In almost all of our clusters the messages are similar to this one, and most of them show in the log (in the <REDACTED-K8S-CRONJOB-POD-SPEC> above) the spec for one of our cronjobs. Which is a Kubernetes Cronjob that fires a job every 10m.

The job itself does not log that much information, most of the time only the following is logged:

{"environment":"production","project":"mail-campaigns","resource":"cronjob","commit":"32a74927b496eb06abc373e11d44ba04d7ec9641","message":"Elastic APM agent is inactive due to configuration","level":"info","@timestamp":"2019-03-09T00:00:11.528Z"}
{"environment":"production","project":"mail-campaigns","resource":"cronjob","commit":"32a74927b496eb06abc373e11d44ba04d7ec9641","message":"Running job send-campaigns","level":"info","kind":"send-campaigns","@timestamp":"2019-03-09T00:00:11.751Z"}
{"environment":"production","project":"mail-campaigns","resource":"cronjob","commit":"32a74927b496eb06abc373e11d44ba04d7ec9641","message":"Finished running job send-campaigns","level":"info","kind":"send-campaigns","@timestamp":"2019-03-09T00:00:12.254Z"}

And this can increase a few lines at max.

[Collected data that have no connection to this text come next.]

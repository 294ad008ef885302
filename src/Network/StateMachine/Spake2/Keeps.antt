-- ===== src/Network/StateMachine/Spake2/Keeps.antt =====
-- Every handler keeps a property that survives the writes of the shared steps.
use openscreen_rs.Base.{ℕ, Bool, true, false, Option, List}
use openscreen_rs.Base.Keeps.{Keeps, keeps_rules}
use openscreen_rs.Deps.{Deps, Laws}
use openscreen_rs.Network.{NetworkInput}
use openscreen_rs.Network.Messages.{NetworkMessage}
use openscreen_rs.Network.StateMachine.Context.{State, Context, log_prefix}
use openscreen_rs.Network.StateMachine.Context.Writes.{
  Survives, clear-Keeps, extend-Keeps, push_output-Keeps, store-Keeps, request_start-Keeps,
  request_finish-Keeps, build_transcript-Keeps, publish_handshake-Keeps,
  build_confirmation_context-Keeps, request_verification-Keeps,
}
use openscreen_rs.Network.StateMachine.Handlers.{
  Idle.handle as idle_handle, AwaitingCapabilities.handle as awaiting_capabilities_handle,
  AwaitingCapabilities.start_role, InitiatingHandshake.handle as initiating_handshake_handle,
  Negotiating.handle as negotiating_handle, Negotiating.respond, Negotiating.initiate,
  GeneratingHandshake.handle as generating_handshake_handle,
  AwaitingHandshake.handle as awaiting_handshake_handle, AwaitingHandshake.continue_role,
  AwaitingHandshake.as_handshake, AwaitingHandshake.check_token, AwaitingHandshake.match_token,
  Computing.handle as computing_handle, Computing.announce_success, Computing.verify_buffered,
  Computing.finish as computing_finish, Computing.store_keys,
  AwaitingConfirmation.handle as awaiting_confirmation_handle, AwaitingConfirmation.as_confirmation,
  AwaitingStatus.handle as awaiting_status_handle, AwaitingStatus.finish as awaiting_status_finish,
}
use openscreen_rs.Network.StateMachine.Spake2.{dispatch}

ruleset writes = (
  keeps_rules, clear-Keeps, extend-Keeps, push_output-Keeps, store-Keeps, request_start-Keeps,
  request_finish-Keeps, build_transcript-Keeps, publish_handshake-Keeps,
  build_confirmation_context-Keeps, request_verification-Keeps,
)

module _ (d : Deps) (laws : Laws d) (I : Context → Type 0) (survives : Survives I) where
  log_prefix-Keeps : (bytes : List ℕ) → Keeps I (log_prefix d bytes)
  unfolding log_prefix
  log_prefix-Keeps bytes = search keeps_rules

  idle-Keeps : (i : NetworkInput) → Keeps I (idle_handle d i)
  unfolding idle_handle
  idle-Keeps NetworkInput.transport_connected = search writes
  idle-Keeps _ = search keeps_rules

  start_role-Keeps : (b : Bool) → Keeps I (start_role d b)
  unfolding start_role
  start_role-Keeps true = search writes
  start_role-Keeps false = search writes

  awaiting_capabilities-Keeps : (i : NetworkInput) → Keeps I (awaiting_capabilities_handle d i)
  unfolding awaiting_capabilities_handle
  awaiting_capabilities-Keeps (NetworkInput.data_received stream bytes) =
      search (keeps_rules, start_role-Keeps) depth 8
  awaiting_capabilities-Keeps _ = search keeps_rules

  initiating_handshake-Keeps : (i : NetworkInput) → Keeps I (initiating_handshake_handle d i)
  unfolding initiating_handshake_handle
  initiating_handshake-Keeps (NetworkInput.crypto_completed result) = search writes
  initiating_handshake-Keeps _ = search keeps_rules

  negotiating-Keeps : (i : NetworkInput) → Keeps I (negotiating_handle d i)
  unfolding negotiating_handle respond initiate
  negotiating-Keeps (NetworkInput.crypto_completed result) = search writes depth 10
  negotiating-Keeps (NetworkInput.data_received stream bytes) = search writes depth 10
  negotiating-Keeps _ = search keeps_rules

  generating_handshake-Keeps : (i : NetworkInput) → Keeps I (generating_handshake_handle d i)
  unfolding generating_handshake_handle
  generating_handshake-Keeps (NetworkInput.crypto_completed result) = search writes depth 8
  generating_handshake-Keeps _ = search keeps_rules

  as_handshake-Keeps : (msg : NetworkMessage) → Keeps I (as_handshake msg)
  as_handshake-Keeps (NetworkMessage.auth_spake2_handshake msg) = search keeps_rules
  as_handshake-Keeps _ = search keeps_rules

  match_token-Keeps :
      (expected received : Option (List ℕ)) → Keeps I (match_token d expected received)
  unfolding match_token
  match_token-Keeps Option.none received = search keeps_rules
  match_token-Keeps (Option.some expected) Option.none = search keeps_rules
  match_token-Keeps (Option.some expected) (Option.some received) = search keeps_rules

  check_token-Keeps : (received : Option (List ℕ)) → Keeps I (check_token d received)
  unfolding check_token
  check_token-Keeps received = search (keeps_rules, match_token-Keeps) depth 8

  awaiting_handshake-Keeps : (i : NetworkInput) → Keeps I (awaiting_handshake_handle d i)
  unfolding awaiting_handshake_handle continue_role
  awaiting_handshake-Keeps (NetworkInput.data_received stream bytes) =
      search (writes, as_handshake-Keeps, check_token-Keeps) depth 13
  awaiting_handshake-Keeps _ = search keeps_rules

  as_confirmation-Keeps : (msg : NetworkMessage) → Keeps I (as_confirmation msg)
  as_confirmation-Keeps (NetworkMessage.auth_spake2_confirmation msg) = search keeps_rules
  as_confirmation-Keeps _ = search keeps_rules

  verify_buffered-Keeps : Keeps I (verify_buffered d)
  unfolding verify_buffered
  verify_buffered-Keeps = search (writes, as_confirmation-Keeps) depth 12

  computing-Keeps : (i : NetworkInput) → Keeps I (computing_handle d i)
  unfolding computing_handle computing_finish announce_success store_keys
  computing-Keeps (NetworkInput.crypto_completed result) =
      search (writes, verify_buffered-Keeps) depth 14
  computing-Keeps (NetworkInput.data_received stream bytes) = search writes
  computing-Keeps _ = search keeps_rules

  awaiting_confirmation-Keeps : (i : NetworkInput) → Keeps I (awaiting_confirmation_handle d i)
  unfolding awaiting_confirmation_handle
  awaiting_confirmation-Keeps (NetworkInput.data_received stream bytes) =
      search (writes, as_confirmation-Keeps, log_prefix-Keeps) depth 14
  awaiting_confirmation-Keeps _ = search keeps_rules

  status-Keeps : (b : Bool) → Keeps I (awaiting_status_finish d b)
  unfolding awaiting_status_finish
  status-Keeps true = search writes
  status-Keeps false = search keeps_rules

  awaiting_status-Keeps : (i : NetworkInput) → Keeps I (awaiting_status_handle d i)
  unfolding awaiting_status_handle
  awaiting_status-Keeps (NetworkInput.data_received stream bytes) =
      search (keeps_rules, status-Keeps)
  awaiting_status-Keeps _ = search keeps_rules

  pub dispatch-Keeps : (s : State) (i : NetworkInput) → Keeps I (dispatch d s i)
  unfolding dispatch
  dispatch-Keeps State.idle i = idle-Keeps i
  dispatch-Keeps State.awaiting_capabilities i = awaiting_capabilities-Keeps i
  dispatch-Keeps State.initiating_handshake i = initiating_handshake-Keeps i
  dispatch-Keeps State.negotiating i = negotiating-Keeps i
  dispatch-Keeps State.generating_handshake i = generating_handshake-Keeps i
  dispatch-Keeps State.awaiting_handshake i = awaiting_handshake-Keeps i
  dispatch-Keeps State.computing i = computing-Keeps i
  dispatch-Keeps State.awaiting_confirmation i = awaiting_confirmation-Keeps i
  dispatch-Keeps State.awaiting_status i = awaiting_status-Keeps i
  dispatch-Keeps _ i = search keeps_rules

This is my current config: https://gist.github.com/JCMais/1ec9ebea58eca5d31eb0da9d78c7da91

I'm running filebeat from the docker image docker.elastic.co/beats/filebeat:6.5.2

There is also this other issue, which probably is also related: https://github.com/elastic/beats/issues/9078

Is there anything that can be done to help move this issue forward? cc @ruflin @jsoriano @andrewkroh @ycombinator @cwurm

I wonder if this is related to https://github.com/elastic/beats/pull/7820 Any chance you could test 6.6 to see if it still happens there?

Update: I just looked at #9078 and it seems some users there are already using 6.6 and still see the same issue :-(

Overall I think there are 2 variables here:

  • Memory leak in Filebeat
  • Memory leak in Autodiscovery

@jsoriano @odacremolbap Could one of you dig deeper into this one?

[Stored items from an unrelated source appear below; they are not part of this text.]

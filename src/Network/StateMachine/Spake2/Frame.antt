-- ===== src/Network/StateMachine/Spake2/Frame.antt =====
-- What no call of `handle` breaks, whether it returns, fails or panics: the configuration, the
-- capacities of the buffers, and the queue of outputs.
use openscreen_rs.Base.{
  ℕ, ◌≤◌, ◌≡◌, refl, sym, Bool, true, List, [], ◌∷◌, ◌++◌, arith, length, length-append, append-nil,
  append_assoc, ◌∙◌,
}
use openscreen_rs.Deps.{Deps, Laws}
use openscreen_rs.Network.{NetworkInput, NetworkOutput, max_output_queue}
use openscreen_rs.Network.CryptoData.{CryptoData}
use openscreen_rs.Network.CryptoData.Buffers.{Buffer, put}
use openscreen_rs.Network.StateMachine.Context.Writes.{Survives, is_working}
use openscreen_rs.Network.StateMachine.Spake2.{Spake2StateMachine, handle}
use openscreen_rs.Network.StateMachine.Spake2.Keeps.{dispatch-Keeps}

-- What the caller configures before the machine runs.
pub record Config : Type 0 where
  pub psk : List ℕ
  pub auth_token : List ℕ
  pub my_fingerprint : List ℕ
  pub peer_fingerprint : List ℕ
  pub session_keys : List ℕ
  pub is_responder : Bool

abbrev pub config : CryptoData → Config
config c = record {
  psk = c.psk;
  auth_token = c.auth_token;
  my_fingerprint = c.my_fingerprint;
  peer_fingerprint = c.peer_fingerprint;
  session_keys = c.session_keys;
  is_responder = c.is_responder;
}

config-put :
    (b : Buffer) (v : List ℕ) (c : CryptoData) → is_working b ≡ true → config (put b v c) ≡ config c
config-put Buffer.psk v c w = cc
config-put Buffer.auth_token v c w = cc
config-put Buffer.my_fingerprint v c w = cc
config-put Buffer.peer_fingerprint v c w = cc
config-put Buffer.session_keys v c w = cc
config-put _ v c w = refl

config-Survives : (k : Config) → Survives (λ s. config s.crypto ≡ k)
config-Survives k = record {
  on_buffer = λ b v s w fits h. config-put b v s.crypto w ∙ h;
  on_output = λ o s room own h. h;
}

-- The queue of outputs has grown from `before`, and is within its capacity.
abbrev pub Grown : List NetworkOutput → List NetworkOutput → Type 0
Grown before after =
    (length after ≤ max_output_queue) × ((new : List NetworkOutput) × (after ≡ before ++ new))

Grown-Survives : (before : List NetworkOutput) → Survives (λ s. Grown before s.outputs)
Grown-Survives before = record {
  on_buffer = λ b v s w fits h. h;
  on_output = λ o s room own h. (
    omega (arith, length-append s.outputs (o ∷ [])),
    (h.1.0 ++ o ∷ [], rw h.1.1 (append_assoc before h.1.0 (o ∷ []))),
  );
}

module _ (d : Deps) (laws : Laws d) where
  -- No call of `handle` changes the PSK, the token, the fingerprints, the session keys or the role,
  -- even where it fails or panics.
  pub handle-config :
      (m : Spake2StateMachine) (i : NetworkInput) (outputs : List NetworkOutput)
      → config (handle d m i outputs).machine.crypto_data ≡ config m.crypto_data
  unfolding handle
  handle-config m i outputs =
      (dispatch-Keeps d laws _ (config-Survives (config m.crypto_data)) m.state i).at _ refl

  -- Where the queue of outputs is within its capacity before a call of `handle`, it is so after it,
  -- and what was in it is still there, in front, even if the call fails or panics.
  pub handle-Grown :
      (m : Spake2StateMachine) (i : NetworkInput) (outputs : List NetworkOutput)
      → length outputs ≤ max_output_queue
      → Grown outputs (handle d m i outputs).outputs
  unfolding handle
  handle-Grown m i outputs h =
      (dispatch-Keeps d laws _ (Grown-Survives outputs) m.state i).at _
        (h, ([], sym (append-nil outputs)))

@urso @ph As you resolved some issues recently in Filebeat, could you see this somehow related?

10476 addressed an issue that could leave some configurations running forever even if the pods originating these configurations were already stopped. This could be a source of leaks, specially in dynamic clusters.

This fix is included in 6.6.1, @JCMais @guot626 could you give a try to this version?

Thanks for taking some time to look into this guys, I will be able to test 6.6.1 later today or tomorrow, I will post another comment when I do.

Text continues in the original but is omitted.